# Andrei Kirilenko



## Zuca (Dec 4, 2003)

Would Kirilenko be a good fit in this team? He can play both PF and SF positions, is a good shotblocker and a good defender also. And if he is a good option, is a good idea to pack something like Battier and Alston for him? Don't get me wrong, I like Battier, but I think more about AK because he is better suited to play PF also.


----------



## o.iatlhawksfan (Mar 3, 2006)

yeah, you can play him at the PF spot, where he's most effective. 


Maybe trade Head/Battier


----------



## Cornholio (Feb 13, 2005)

I'd rather stay with Shane. He knows his role on the team and won't be crying about being more involved on offense.


----------



## Krimzon (Feb 26, 2007)

I rather stay with Shane too. I wouldn't mind trading Alston and Head for Kirilenko. Maybe another player if possible.


----------



## jworth (Feb 17, 2006)

Kirilenko would be a great fit when he's not injured or whining. He's a very talented shotblocker and defender, and his offense isn't too shabby. With that said, he's on the IR more than I'm comfortable with.


----------



## HayesFan (Feb 16, 2006)

AK's contract is too big to fit in Houston. At least that's what I would guess. Talent-wise, yes I think he could fit in nicely.


----------



## Zuca (Dec 4, 2003)

HayesFan said:


> AK's contract is too big to fit in Houston. At least that's what I would guess. Talent-wise, yes I think he could fit in nicely.
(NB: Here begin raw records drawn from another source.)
-- ===== src/Handler/Launching.antt =====
-- What holds of a generation between two steps, and that the launch of a test case keeps it
-- (fuzzer/fuzzer/handler.cpp: `single_threaded_loop`).
use fuzzer_goal_directed.Prelude.{
  ℕ, ◌+◌, ◌≤◌, ◌<◌, ◌≡◌, refl, ap, List, ◌∷◌, arith, if◌then◌else◌, length, u64_mod, add64,
  Bool-cases, inl, inr,
}
use fuzzer_goal_directed.OrderedMap.{lookup, insert, lookup-insert, length-assign}
use fuzzer_goal_directed.Individual.{Individual}
use fuzzer_goal_directed.Processes.{running}
use fuzzer_goal_directed.Processes.Laws.{is_some, IsTable, entry-insert_process}
use fuzzer_goal_directed.Processes.Collect.{insert_process-IsTable}
use fuzzer_goal_directed.Commander.{call, Launched, started, failed, threw}
use fuzzer_goal_directed.Handler.{Handler, launch}
use fuzzer_goal_directed.Handler.Steps.{Stage, launching, sending, completing, completed, Unused}
use fuzzer_goal_directed.Handler.Accounts.{pending, Identified}

abbrev pub to_launch : Stage → ℕ
to_launch (launching is) = length is
to_launch sending = 0
to_launch completing = 0
to_launch completed = 0

module _ {B G V : Type 0} where
  -- The tables of processes and of their test cases belong together.
  pub record IsPaired (h : Handler B G V) : Type 0 where
    pub table : IsTable h.commander.child_processes
    pub pids :
        (q : ℕ)
        → is_some (lookup q h.commander.testcase_pids)
          ≡ is_some (lookup q h.commander.child_processes.pid_statuses)
    pub ids : Identified h

  -- The test cases to process are at least those that are still to launch, those under way, those that
  -- are processed and `lost` more.
  pub record IsAccounted (lost : ℕ) (s : Stage × Handler B G V) : Type 0 where
    pub paired : IsPaired s.1
    pub owed :
        to_launch s.0 + pending s.1 + s.1.retriever.processed_testcases + lost ≤ s.1.to_process
    pub width : s.1.to_process < u64_mod

  call-IsPaired :
      (h : Handler B G V) (timer testcase_id : ℕ) (outcome : Launched)
      → Unused h outcome
      → 0 < testcase_id
      → IsPaired h
      → IsPaired (record h { commander = (call h.commander timer testcase_id outcome).1 })
  unfolding call
  call-IsPaired h timer testcase_id failed u i p = record {
    table = p.table;
    pids = p.pids;
    ids = p.ids;
  }
  call-IsPaired h timer testcase_id threw u i p = record {
    table = p.table;
    pids = p.pids;
    ids = p.ids;
  }
  call-IsPaired h timer testcase_id (started pid) u i p = elim (Bool-cases h.commander.has_impl) [
    | inr e ↦ rw e (record { table = p.table; pids = p.pids; ids = p.ids })
    | inl e ↦
        let (new, free) = u pid refl in
        let t = h.commander.child_processes in
        rw e (record {
          table = insert_process-IsTable t timer pid running p.table free;
          pids = λ q. ground (
            arith,
            p.pids q,
            lookup-insert pid q testcase_id h.commander.testcase_pids new,
            ap (λ x. x.status) (entry-insert_process t pid q timer running p.table free),
          );
          ids = λ q j k.
              ground (
                arith,
                k,
                p.ids q j,
                lookup-insert pid q testcase_id h.commander.testcase_pids new,
              );
        })
  ]

  call_pending :
      (h : Handler B G V) (timer testcase_id : ℕ) (outcome : Launched)
      → Unused h outcome
      → let (called, c) = call h.commander timer testcase_id outcome in
        pending (record h { commander = c }) ≡ pending h + (if called then 1 else 0)
  unfolding call insert
  call_pending h timer testcase_id failed u = omega arith
  call_pending h timer testcase_id threw u = omega arith
  call_pending h timer testcase_id (started pid) u = elim (Bool-cases h.commander.has_impl) [
    | inr e ↦ rw e (omega arith)
    | inl e ↦
        rw e (ground (arith, u pid refl, length-assign pid testcase_id h.commander.testcase_pids))
  ]

  pub launch-IsAccounted :
      (lost : ℕ) (h : Handler B G V) (i : Individual) (rest : List Individual) (timer : ℕ)
      (outcome : Launched)
      → h.current_testcase_id + 1 < u64_mod
      → Unused h outcome
      → IsAccounted lost (launching (i ∷ rest), h)
      → IsAccounted lost (launching rest, (launch h i timer outcome).1)
  unfolding launch
  launch-IsAccounted lost h i rest timer outcome small u a =
      let testcase_id = add64 h.current_testcase_id 1 in
      let p = call-IsPaired h timer testcase_id outcome u (omega arith) a.paired in
      let e = call_pending h timer testcase_id outcome u in
      elim (Bool-cases (call h.commander timer testcase_id outcome).0) [
        | inl c ↦ rw c (record {
          paired = record { table = p.table; pids = p.pids; ids = p.ids };
          owed = ground (arith, c, e, a.owed);
          width = a.width;
        })
        | inr c ↦ rw c (record {
          paired = record { table = p.table; pids = p.pids; ids = p.ids };
          owed = ground (arith, c, e, a.owed, a.width);
          width = omega (arith, a.width);
        })
      ]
Battier, Alston and Sura for him works (cap wise)

In fact, I was thinking about a three-team way:

Cleveland trade Hughes to Utah and Ira Newble to Houston;
Utah trade Gordan Giricek to Cleveland and AK to Houston;
Houston trade Battier to Utah, Justin Reed, JLIII, Alston and Bob Sura (expiring contract) to Cleveland;

I put Newble in this trade idea because it helps Houston getting rid of Justin Reed and JLIII contracts. Newble have an expiring contract, while Reed and JLIII are in contract until the end of next season (even not being big contracts, it's better to clear them than just waiving this players while paying their salaries)


Yao/Butler
AK/Scola/Hayes
T-Mac/AK
Wells/Snyder/Head
Francis/Mike James


IL: Novak/Brooks (send both to D-League), Newble


----------



## Dean the Master (Feb 19, 2006)

Huge contract. 
Injury prone.
No thx. 
JVG is gone now, so we don't need extra defensive players anymore.


----------



## Bubbles (Nov 12, 2005)

AK is overrated.


----------



## jdiggidy (Jun 21, 2003)

> Huge contract.
> Injury prone.
> No thx.
> JVG is gone now, so we don't need extra defensive players anymore.


Exactly, not to mention this will never happen because we are in the same division. Thanks for playing.


----------



## Hakeem (Aug 12, 2004)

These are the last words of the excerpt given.